NY Times Turning what was once
conventional wisdom on its head, a new study suggests that many, if not
most peanut allergies can be prevented by feeding young children food
containing peanuts beginning in infancy, rather than avoiding such
foods.
About 2 percent of
American children are allergic to peanuts, a figure that has more than
quadrupled since 1997 for reasons that are not entirely clear. There
have also been big increases in other Western countries. For some
people, even traces of peanuts can be life-threatening.
An editorial published Monday in The New England Journal of Medicine,
along with the study, called the results “so compelling” and the rise
of peanut allergies “so alarming” that guidelines for how to feed
infants at risk of peanut allergies should be revised soon.
The study “clearly
indicates that the early introduction of peanut dramatically decreases
the risk of development of peanut allergy,” said the editorial, by Dr.
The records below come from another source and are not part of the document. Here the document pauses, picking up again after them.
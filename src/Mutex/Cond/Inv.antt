-- ===== src/Mutex/Cond/Inv.antt =====
-- The invariant of mutex_prodcons3.c, and that each statement of each thread keeps it.
use cs_primer.Prelude.{
  ℕ, ◌+◌, ◌*◌, ◌≤◌, ◌<◌, ◌≡◌, ◌⊎◌, inl, List, [], ◌∷◌, some, arith, get_elem?, set, refl, replicate,
}
use cs_primer.Threads.{total, total-append, total-replicate, Sums, sums, Rests, rests}
use cs_primer.Threads.Machine.{System, run, run_inv}
use cs_primer.Mutex.Cond.{
  Shared, Thread, put, get, waker, move, init, PutPc, GetPc, lock_put, test_i, check,
}
use cs_primer.Mutex.Cond.Weights.{
  in_put, in_ready, count, ready_due, count_due, putting, stored, readying, getting, taken, sleepy,
  taking, is_put, is_get, put_over, get_over, weights, put-Below, ready-Below, get-Below,
}

pub record Inv (np nitems : ℕ) (m : Shared) (ts : List Thread) : Type 0 where
  pub put_exclusive : m.put_mutex + total in_put ts ≡ 1
  pub ready_exclusive : m.ready_mutex + total in_ready ts ≡ 1
  pub items : m.nready + total ready_due ts + m.i + total taken ts ≡ m.nput
  pub put_counts : total count ts + total count_due ts ≡ m.nput
  pub put_le : m.nput + total putting ts ≤ nitems
  pub all_put : (total put_over ts ≡ 0) ⊎ (nitems ≤ m.nput)
  pub all_got : (total get_over ts ≡ 0) ⊎ (nitems ≤ m.i)
  pub left : (total getting ts ≡ 0) ⊎ (m.i < nitems)
  pub sleeps : (m.waiting ≡ 0) ⊎ ((m.nready ≡ 0) × (total readying ts ≡ 0))
  pub falls_asleep : (total sleepy ts ≡ 0) ⊎ (m.nready ≡ 0)
  pub takes : (total taking ts ≡ 0) ⊎ (0 < m.nready)
  pub producers : total is_put ts ≡ np
  pub consumers : total is_get ts ≡ 1
  pub silent : m.errors ≡ []
  pub content : (k : ℕ) → k < m.nput + total stored ts → m.buf k ≡ k

-- What a step of the thread `t` to `t'` does to the sums.
abbrev Step : List Thread → ℕ → Thread → Thread → Type 0
Step ts i t t' =
    Sums weights ts i t t'
    × Rests in_put (putting ∷ stored ∷ []) ts t
    × Rests in_ready (readying ∷ sleepy ∷ taking ∷ []) ts t
    × Rests is_get (getting ∷ taken ∷ []) ts t

to_Step : (ts : List Thread) (i : ℕ) (t t' : Thread) → get_elem? ts i ≡ some t → Step ts i t t'
to_Step ts i t t' e = (
  sums weights ts i t t' e,
  rests in_put (putting ∷ stored ∷ []) put-Below ts i t e,
  rests in_ready (readying ∷ sleepy ∷ taking ∷ []) ready-Below ts i t e,
  rests is_get (getting ∷ taken ∷ []) get-Below ts i t e,
)

module _ {np nitems : ℕ} {m : Shared} {ts : List Thread} (inv : Inv np nitems m ts) (i : ℕ) where
  producer-Inv :
      (p : PutPc) (c : ℕ) (m' : Shared) (t' : Thread)
      → Step ts i (put p c) t'
      → move nitems m (put p c) ≡ some (m', t')
      → Inv np nitems m' (set ts i t')
  unfolding move
  producer-Inv lock_put c m' t' f e = ground arith
  producer-Inv p c m' t' f e = ground arith

  consumer-Inv :
      (p : GetPc) (m' : Shared) (t' : Thread)
      → Step ts i (get p) t'
      → move nitems m (get p) ≡ some (m', t')
      → Inv np nitems m' (set ts i t')
  unfolding move
  consumer-Inv check m' t' f e = ground (arith, inv.content m.i)
  consumer-Inv p m' t' f e = ground arith

  waker-Inv :
      (m' : Shared) (t' : Thread)
      → Step ts i waker t'
      → move nitems m waker ≡ some (m', t')
      → Inv np nitems m' (set ts i t')
  unfolding move
  waker-Inv m' t' f e = ground arith

move-Inv :
    {np nitems : ℕ} (s : System Shared Thread) (i : ℕ) (t : Thread) (m : Shared) (t' : Thread)
    → get_elem? s.threads i ≡ some t
    → move nitems s.mem t ≡ some (m, t')
    → Inv np nitems s.mem s.threads
    → Inv np nitems m (set s.threads i t')
move-Inv s i (put p c) m t' e go inv = producer-Inv inv i p c m t' (to_Step s.threads i _ t' e) go
move-Inv s i (get p) m t' e go inv = consumer-Inv inv i p m t' (to_Step s.threads i _ t' e) go
move-Inv s i waker m t' e go inv = waker-Inv inv i m t' (to_Step s.threads i _ t' e) go

start :
    (w : Thread → ℕ) (np k : ℕ)
    → total w (init np k).threads ≡ np * w (put lock_put 0) + (w (get test_i) + k * w waker)
unfolding total
start w np k = omega (
  arith,
  total-append w (replicate np (put lock_put 0)) (get test_i ∷ replicate k waker),
  total-replicate w np (put lock_put 0),
  total-replicate w k waker,
)

Inv-init : (np k nitems : ℕ) → Inv np nitems (init np k).mem (init np k).threads
Inv-init np k nitems = record {
  put_exclusive = omega (arith, start in_put np k);
  ready_exclusive = omega (arith, start in_ready np k);
  items = omega (arith, start ready_due np k, start taken np k);
  put_counts = omega (arith, start count np k, start count_due np k);
  put_le = omega (arith, start putting np k);
  all_put = omega (arith, start put_over np k);
  all_got = omega (arith, start get_over np k);
  left = omega (arith, start getting np k);
  sleeps = inl refl;
  falls_asleep = omega (arith, start sleepy np k);
  takes = omega (arith, start taking np k);
  producers = omega (arith, start is_put np k);
  consumers = omega (arith, start is_get np k);
  silent = refl;
  content = λ j h. absurd (omega (arith, start stored np k));
}

-- The invariant holds after every schedule.
pub run-Inv :
    (np k nitems : ℕ) (sched : List ℕ)
    → let s = run (move nitems) (init np k) sched in Inv np nitems s.mem s.threads
run-Inv np k nitems sched =
    run_inv (move nitems) (λ s. Inv np nitems s.mem s.threads) move-Inv (init np k) sched
      (Inv-init np k nitems)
Rebecca S. Gruchalla of the University of Texas Southwestern Medical
Center and Dr. Hugh A. Sampson of the Icahn School of Medicine at Mount
Sinai in New York City. It also “makes it clear that we can do something
now to reverse the increasing prevalence of peanut allergy.” [...]
Dr. Gideon Lack, a
professor of pediatric allergy at King’s College London and the leader
of the study, said the common practice of withholding peanuts from
babies “could have been in part responsible for the rise in peanut
allergies we have seen.” [...]
So Dr. Lack and colleagues conducted a survey,
published in 2008, that found the rate of peanut allergy in Israeli
children was only about one-tenth that of Jewish children in Britain.
The best explanation, they concluded, was that Israeli infants consumed
high amount of peanut protein in the first year of life while parents in
Britain avoided giving such foods. [...]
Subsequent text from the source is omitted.